---------- Dataset ----------

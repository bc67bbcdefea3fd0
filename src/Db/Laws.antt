-- ===== src/Db/Laws.antt =====
-- What the shapes of Db/Query.antt do to the tables, from the laws of the engine.
use stack4things_openstack_i.Action.{Exception, World, ok, raised}
use stack4things_openstack_i.Base.{
  ==_refl, Bool, List, [], any, arith, eq_iff, eq_refl, eq_ℤ, false, filter, inl, inr, length, map,
  negsuc, not, pos, refl, true, ℤ, ℕ, ◌∷◌, ◌≡◌, ◌⊎◌,
}
use stack4things_openstack_i.Db.Engine.{Engine, Outcome, duplicate, refused, rewrite, stored}
use stack4things_openstack_i.Db.Query.{add_identity_filter, do_update, has, one, update_rows}
use stack4things_openstack_i.Db.Schema.{
  Column, Model, Row, Tables, Value, Values, assign, bool_int, eq_value, keyless, set_rows,
}

-- Keys are compared by value: a scalar equals itself.
abbrev pub IsScalar : Value → Type 0
IsScalar (Value.dict f) = ⊥
IsScalar v = Unit

eq_ℤ-refl : (z : ℤ) → eq_ℤ z z ≡ true
unfolding eq_ℤ
eq_ℤ-refl (pos n) = ==_refl n
eq_ℤ-refl (negsuc n) = ==_refl n

pub eq_value_refl : (v : Value) → IsScalar v → eq_value v v ≡ true
unfolding eq_value
eq_value_refl Value.null h = refl
eq_value_refl (Value.bool true) h = refl
eq_value_refl (Value.bool false) h = refl
eq_value_refl (Value.int z) h = eq_ℤ-refl z
eq_value_refl (Value.str s) h = eq_refl s
eq_value_refl (Value.dict f) h = absurd h

pub has_self : (c : Column) (r : Row) → IsScalar (r c) → has c (r c) r ≡ true
unfolding has
has_self c r h = eq_value_refl (r c) h

module _ ⦃E : Engine⦄ where
  module _ (w : World) (m : Model) (p : Row → Bool) where
    pub one_found : (r : Row) → filter p (w.tables m) ≡ r ∷ [] → one m p w ≡ (ok r, w)
    unfolding one
    one_found r h = simp (E.select_lem, h)

    pub one_missing : filter p (w.tables m) ≡ [] → one m p w ≡ (raised Exception.no_result_found, w)
    unfolding one
    one_missing h = simp (E.select_lem, h)

    pub one_many :
        (r q : Row) (rs : List Row)
        → filter p (w.tables m) ≡ r ∷ q ∷ rs
        → one m p w ≡ (raised Exception.multiple_results_found, w)
    unfolding one
    one_many r q rs h = simp (E.select_lem, h)

    pub update_rows_lem :
        (vs : Values)
        → keyless vs ≡ true
        → update_rows m p vs w ≡ (
          ok (length (filter p (w.tables m))),
          record w { tables = set_rows w.tables m (map (rewrite p vs) (w.tables m)) },
        )
    unfolding update_rows
    update_rows_lem vs k = simp (E.update_keyless w.tables m p vs k)

  -- An update of one row that is found rewrites the rows with its primary key, and nothing else.
  pub do_update_lem :
      (w : World) (m : Model) (nf : Value → Exception) (ident : Value) (vs : Values) (r : Row)
      (p : Row → Bool)
      → add_identity_filter ident ≡ ok p
      → filter p (w.tables m) ≡ r ∷ []
      → keyless vs ≡ true
      → do_update m nf ident vs w ≡ (
        ok (assign vs r),
        record w {
          tables =
              set_rows w.tables m (map (rewrite (has Column.id (r Column.id)) vs) (w.tables m));
        },
      )
  unfolding do_update
  do_update_lem w m nf ident vs r p hi hr k =
      ground (arith, one_found w m p r hr, update_rows_lem w m (has Column.id (r Column.id)) vs k)

  -- The same for any update that the database takes, of keys too.
  pub do_update_stored :
      (w : World) (m : Model) (nf : Value → Exception) (ident : Value) (vs : Values) (r : Row)
      (p : Row → Bool) (n : ℕ) (t : Tables)
      → add_identity_filter ident ≡ ok p
      → filter p (w.tables m) ≡ r ∷ []
      → E.update w.tables m (has Column.id (r Column.id)) vs ≡ stored n t
      → do_update m nf ident vs w ≡ (
        ok (assign vs r),
        record w {
          tables =
              set_rows w.tables m (map (rewrite (has Column.id (r Column.id)) vs) (w.tables m));
        },
      )
  unfolding do_update update_rows
  do_update_stored w m nf ident vs r p n t hi hr hs =
      let same = (E.update_stored w.tables t m (has Column.id (r Column.id)) vs n hs).1 in
      ground (arith, one_found w m p r hr, hs, same)

  -- Where no row is found, the tables stay as they were.
  pub do_update_missing :
      (w : World) (m : Model) (nf : Value → Exception) (ident : Value) (vs : Values)
      (p : Row → Bool)
      → add_identity_filter ident ≡ ok p
      → filter p (w.tables m) ≡ []
      → do_update m nf ident vs w ≡ (raised (nf ident), w)
  unfolding do_update
  do_update_missing w m nf ident vs p hi hr = ground (arith, one_missing w m p hr)

-- Queries after an UPDATE.
module _ (p q : Row → Bool) (vs : Values) where
  -- a query that does not read the columns written finds the same rows, rewritten
  pub filter-rewrite :
      ((r : Row) → p (assign vs r) ≡ p r)
      → (rows : List Row) → filter p (map (rewrite q vs) rows) ≡ map (rewrite q vs) (filter p rows)
  unfolding filter
  filter-rewrite h [] = refl
  filter-rewrite h (r ∷ rows) = ground (arith, h r, filter-rewrite h rows)

  -- a query that a written row fails finds only rows that were not written
  pub filter-rewrite_lost :
      ((r : Row) → p (assign vs r) ≡ false)
      → (rows : List Row)
      → filter p (map (rewrite q vs) rows) ≡ filter (λ r. not (q r)) (filter p rows)
  unfolding filter
  filter-rewrite_lost h [] = refl
  filter-rewrite_lost h (r ∷ rows) = ground (arith, h r, filter-rewrite_lost h rows)

-- The primary keys of a table are numbers, each used once.
abbrev pub IsNumber : Value → Type 0
IsNumber (Value.int z) = Unit
IsNumber v = ⊥

pub IsNumber-IsScalar : (v : Value) → IsNumber v → IsScalar v
IsNumber-IsScalar (Value.int z) h = tt
IsNumber-IsScalar Value.null h = absurd h
IsNumber-IsScalar (Value.bool b) h = absurd h
IsNumber-IsScalar (Value.str s) h = absurd h
IsNumber-IsScalar (Value.dict f) h = absurd h

pub Outcome-cases :
    {A : Type 0} (o : Outcome A)
    → ((a : A) × (t : Tables) × (o ≡ stored a t))
      ⊎ ((cs : List Column) × (o ≡ duplicate cs))
      ⊎ (o ≡ refused)
Outcome-cases (stored a t) = inl (a, t, refl)
Outcome-cases (duplicate cs) = inr (inl (cs, refl))
Outcome-cases refused = inr (inr refl)

eq_ℤ_comm : (a b : ℤ) → eq_ℤ a b ≡ eq_ℤ b a
unfolding eq_ℤ
eq_ℤ_comm (pos a) (pos b) = ground arith
eq_ℤ_comm (negsuc a) (negsuc b) = ground arith
eq_ℤ_comm (pos a) (negsuc b) = refl
eq_ℤ_comm (negsuc a) (pos b) = refl

pub eq_value_comm : (a b : Value) → eq_value a b ≡ eq_value b a
unfolding eq_value
eq_value_comm (Value.bool a) (Value.bool b) = eq_ℤ_comm (bool_int a) (bool_int b)
eq_value_comm (Value.bool a) (Value.int z) = eq_ℤ_comm (bool_int a) z
eq_value_comm (Value.int z) (Value.bool b) = eq_ℤ_comm z (bool_int b)
eq_value_comm (Value.int y) (Value.int z) = eq_ℤ_comm y z
eq_value_comm (Value.str s) (Value.str u) = ground (arith, eq_iff s u, eq_iff u s)
eq_value_comm Value.null Value.null = refl
eq_value_comm (Value.dict f) (Value.dict g) = refl
eq_value_comm _ _ = refl

pub any_of_filter :
    (p q : Row → Bool) (rows : List Row) (r : Row) (rs : List Row)
    → filter p rows ≡ r ∷ rs
    → ((s : Row) → p s ≡ true → q s ≡ true)
    → any q rows ≡ true
unfolding filter any
any_of_filter p q [] r rs h imp = cc
any_of_filter p q (s ∷ rows) r rs h imp = ground (arith, imp s, any_of_filter p q rows r rs)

----------

**To do**
Count the lines in the material containing the string "ground", and state the number with nothing added.

**Your response**
9